The Apostolic Tradition never took hold in Rome, probably because of the influential status of wealthy Roman widows whom Callistus supported when they chose to marry a Christian man who was below their social status.  (One of three things Hippolytus opposed Callistus about) Interestingly, a fresco dating to Hippolytus' time, in the catacombs of Priscilla in Rome, shows women participating in and presiding at a Eucharistic meal as these were understood at the time. (the catacombs themselves being the gift of a wealthy Roman woman)

3. Re. Synod of Laodicea;  Take a look at Colossians 4:15  “Give greetings to the sisters and brothers in Laodicea and to Nympha and to the church in her house”  Is it too difficult to imagine that Laodicea had a long tradition of women leading house churches and officiating at the altars dating back to the time of Nympha? Epigraphical and archaeological scholars believe this council ruling gives evidence that:

a. orthodox women were leading Christian communities in the mainstream church
b. they were denied leadership because of their gender, not because of their beliefs.

All of which is to provide some historical background as we continue the sad institutional suppression of women’s leadership in the church even to the present day.

Kate Meghan
13 years 7 months ago
I agree with many of the other posters.  It is so sad for the Church to come down so hard on people like Fr. Bourgeois and Dr. Johnson for following the Spirit and their own consciouses.  Meanwhile, priests who abuse children are kept in the church and supported.  I just read last week of an NY Jesuit who received a Jesuit funeral and burial despite being removed from ministry nearly 10 years ago.  Where are the priorities in the Church?  It is so sad!
deborah rose-milavec
13 years 7 months ago

I take issue with the editors' bias - that Fr. Roy Bourgeois might have received advice from spiritual giants to remain silent on one issue while advising him to continue to speak out on others (more important - less controversial with hierarchal authorities?).  It reflects the views of the writers rather than some rigid, robot exercise of conscience by Fr. Roy.  One thing Fr. Roy shares with those giants is courage, a virtue in short supply these days on too many fronts in Church leadership.   In the initial stages of the  US Bishops' attack Sr. Elizabeth Johnson's critically important work, she has the support of her community and her institution.  Thus her response is fitting for the moment, although as things evolve, we may see Sr. Johnson take up a different strategy.    In these matters of faith, conscience and strategy, I would have preferred that the editors reflect directly on their own views of the issues rather than casting them through two very important and future-oriented leaders who are under attack. 

13 years 7 months ago
You quote “Christ, who is our master and Lord, and at the same time is meek and humble of heart, acted patiently in attracting and inviting his disciples.”
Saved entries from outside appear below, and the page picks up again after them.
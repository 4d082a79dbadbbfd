-- ===== src/Checkout/MachineFile/Algorithm.antt =====
-- The closed set of machine-file algorithms.
use mathlib.Core.Path.{subst}
use tamga_python.Prelude.{
  ◌≡◌, refl, ◌∙◌, ap, inl, inr, true, ◌&&◌, List, [], ◌∷◌, arith, any, Any, Bool-cases,
}
use tamga_python.Python.Str.{Str, str_eq, str_eq_iff, partition, rpartition}
use tamga_python.Python.Exc.{Result, ok, ◌>>◌, guard, >>=-eq-ok, guard-eq-ok, value_error}
use tamga_python.Checkout.MachineFile.{
  enc_prefixes, signing_suffixes, algorithm, valid_algorithms, validate_alg, alg_v2_marker,
}

-- An encoding prefix that the server writes, and a signing suffix that it writes.
abbrev pub IsPrefix : Str → Type 0
IsPrefix p = Any (λ q. p ≡ q) enc_prefixes

abbrev pub IsSuffix : Str → Type 0
IsSuffix s = Any (λ q. s ≡ q) signing_suffixes

any-str_eq : (a : Str) (xs : List Str) → any (str_eq a) xs ≡ true → Any (λ x. a ≡ x) xs
any-str_eq a [] h = absurd (ground arith)
any-str_eq a (x ∷ xs) h = elim (Bool-cases (str_eq a x)) [
  | inl e ↦ inl ((str_eq_iff a x).0 e)
  | inr e ↦ inr (any-str_eq a xs (rw e at h))
]

-- A valid algorithm is read as the prefix and the suffix that it was built of.
validate_alg-valid :
    (prefix suffix : Str)
    → IsPrefix prefix
    → IsSuffix suffix
    → validate_alg (algorithm prefix suffix) ≡ ok (prefix, suffix)
unfolding validate_alg
validate_alg-valid p s (inl e) (inl f) = rw (e, f)
validate_alg-valid p s (inl e) (inr (inl f)) = rw (e, f)
validate_alg-valid p s (inl e) (inr (inr (inl f))) = rw (e, f)
validate_alg-valid p s (inl e) (inr (inr (inr (inl f)))) = rw (e, f)
validate_alg-valid p s (inr (inl e)) (inl f) = rw (e, f)
validate_alg-valid p s (inr (inl e)) (inr (inl f)) = rw (e, f)
validate_alg-valid p s (inr (inl e)) (inr (inr (inl f))) = rw (e, f)
validate_alg-valid p s (inr (inl e)) (inr (inr (inr (inl f)))) = rw (e, f)
validate_alg-valid p s (inl e) (inr (inr (inr (inr x)))) = absurd x
validate_alg-valid p s (inr (inl e)) (inr (inr (inr (inr x)))) = absurd x
validate_alg-valid p s (inr (inr x)) f = absurd x

Splits : Str → Type 0
Splits alg = (p : Str) × (s : Str) × IsPrefix p × IsSuffix s × (alg ≡ algorithm p s)

split_valid : (alg : Str) → Any (λ x. alg ≡ x) valid_algorithms → Splits alg
unfolding Splits
split_valid alg (inl e) = (_, _, inl refl, inl refl, e)
split_valid alg (inr (inl e)) = (_, _, inl refl, inr (inl refl), e)
split_valid alg (inr (inr (inl e))) = (_, _, inl refl, inr (inr (inl refl)), e)
split_valid alg (inr (inr (inr (inl e)))) = (_, _, inl refl, inr (inr (inr (inl refl))), e)
split_valid alg (inr (inr (inr (inr (inl e))))) = (_, _, inr (inl refl), inl refl, e)
split_valid alg (inr (inr (inr (inr (inr (inl e)))))) = (_, _, inr (inl refl), inr (inl refl), e)
split_valid alg (inr (inr (inr (inr (inr (inr (inl e))))))) =
    (_, _, inr (inl refl), inr (inr (inl refl)), e)
split_valid alg (inr (inr (inr (inr (inr (inr (inr (inl e)))))))) =
    (_, _, inr (inl refl), inr (inr (inr (inl refl))), e)
split_valid alg (inr (inr (inr (inr (inr (inr (inr (inr x)))))))) = absurd x

validate_alg-member :
    (alg : Str) {parts : Str × Str}
    → validate_alg alg ≡ ok parts
    → any (str_eq alg) valid_algorithms ≡ true
unfolding validate_alg
validate_alg-member alg h =
    let first = partition b'+' alg in
    let last = rpartition b'+' first.after in
    let marked = first.found && last.found && str_eq last.after alg_v2_marker in
    let valid = any (str_eq alg) valid_algorithms in
    let rest : Result (Str × Str) = guard valid value_error >> ok (first.before, last.before) in
    let (u, ge, h1) = >>=-eq-ok (guard marked value_error) (λ _. rest) h in
    let (v, hv, h2) =
      >>=-eq-ok (guard valid value_error) (λ _. ok (first.before, last.before)) h1 in
    guard-eq-ok valid value_error hv

-- The algorithm of a file is accepted exactly when it is an encoding prefix and a signing suffix of
-- the closed sets, each followed by a plus sign, and the marker of format v2; the two parts that
-- are returned are that prefix and that suffix.
pub validate_alg_iff :
    (alg prefix suffix : Str)
    → (validate_alg alg ≡ ok (prefix, suffix)
        → IsPrefix prefix × IsSuffix suffix × (alg ≡ algorithm prefix suffix))
      × (IsPrefix prefix × IsSuffix suffix × (alg ≡ algorithm prefix suffix)
          → validate_alg alg ≡ ok (prefix, suffix))
unfolding Splits
validate_alg_iff alg prefix suffix = (
  λ h.
      let (p, s, hp, hs, e) =
        split_valid alg (any-str_eq alg valid_algorithms (validate_alg-member alg h)) in
      let same : ◌≡◌ {A = Str × Str} (p, s) (prefix, suffix) =
        cc (rw e at h, validate_alg-valid p s hp hs) in
      let same_prefix : p ≡ prefix = ap (λ (q : Str × Str). q.0) same in
      let same_suffix : s ≡ suffix = ap (λ (q : Str × Str). q.1) same in
      (
        subst (λ (q : Str). IsPrefix q) same_prefix hp,
        subst (λ (q : Str). IsSuffix q) same_suffix hs,
        e ∙ ap (λ (q : Str × Str). algorithm q.0 q.1) same,
      ),
  λ (hp, hs, e). rw e (validate_alg-valid prefix suffix hp hs),
)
But it was his uncompromising integrity that led him to the cross....and that was ultimately vindicated by the resurrection. 
Aaron Milavec
13 years 7 months ago

Dear Jesuit Supporters of Fr. Roy Bourgeois,

In the Roman Catholic Church, the Congregation for the Doctrine of the Faith in Rome (abbreviation: CDF) has been entrusted with responsibility for clarifying disputed matters of belief in the Catholic Church. The CDF has consistently opposed women’s ordination. Moreover, Cardinal Joseph Ratzinger, the man who headed the CDF for two decades is now currently Pope Benedict XVI.

The CDF's scriptural arguments have been formally expressed in two key documents: On the Question of the Admission of Women to the Ministerial Priesthood, known by its Latin title as Inter Insigniores (15 October 1976) and a companion text, the Commentary  on Inter Insigniores (27 January 1977) which treats the arguments of  Inter Insigniores within an ecumenical backdrop.

Roughly four out of five Catholic theologians who have published their evaluations of these documents have found the CDF reports to be seriously flawed both in their methodology and in their use of Scriptures.

So what should normally happen in a situation like this? The CDF documents should be evaluated and revised by a credible international group of Catholic theologians. Honest evaluation and polite criticism should circulate on all sides among bishops, pastors, and theologians. Feedback loops should be set up. Conferences should be held offering persons on all sides the possibilities to present scriptural, theological, and pastoral arguments on all aspects of the issue.

But no, Cardinal Ratzinger did not want this issue to be decided on the basis of open deliberation and informed inquiry. Accordingly, when he realized that the 1976 document was not succeeding in convincing anywhere near a majority of pastors and theologians, he and those around him resorted to raw power. So, currently, appointments to every vacant Episcopal chair and to most theological chairs as well turn upon this litmus-test issue (National Catholic Reporter  5/29/09 p.19-20). Meanwhile, Vatican supporters everywhere feel compelled to put pressure on all Catholics to either sing the Vatican tune or to remain silent. Even most lay persons working in church-related ministries are forced to do the same or to pay the consequences—to lose one’s ministry and one's livelihood.

The current Congregation for the Doctrine of the Faith (CDF) investigation of the Religious Orders of Women in the United States has made it plain that the impossibility of ordaining women is the touchstone issue of “orthodoxy” and that the Vatican appointed interrogators were required to discover all deviations from the spirit and the letter of the CDF’s position set out in Inter Insigniores - On the Question of the Admission of Women to the Ministerial Priesthood (National Catholic Reporter 5/1/09 p.10 & 8/21/09 p.8). 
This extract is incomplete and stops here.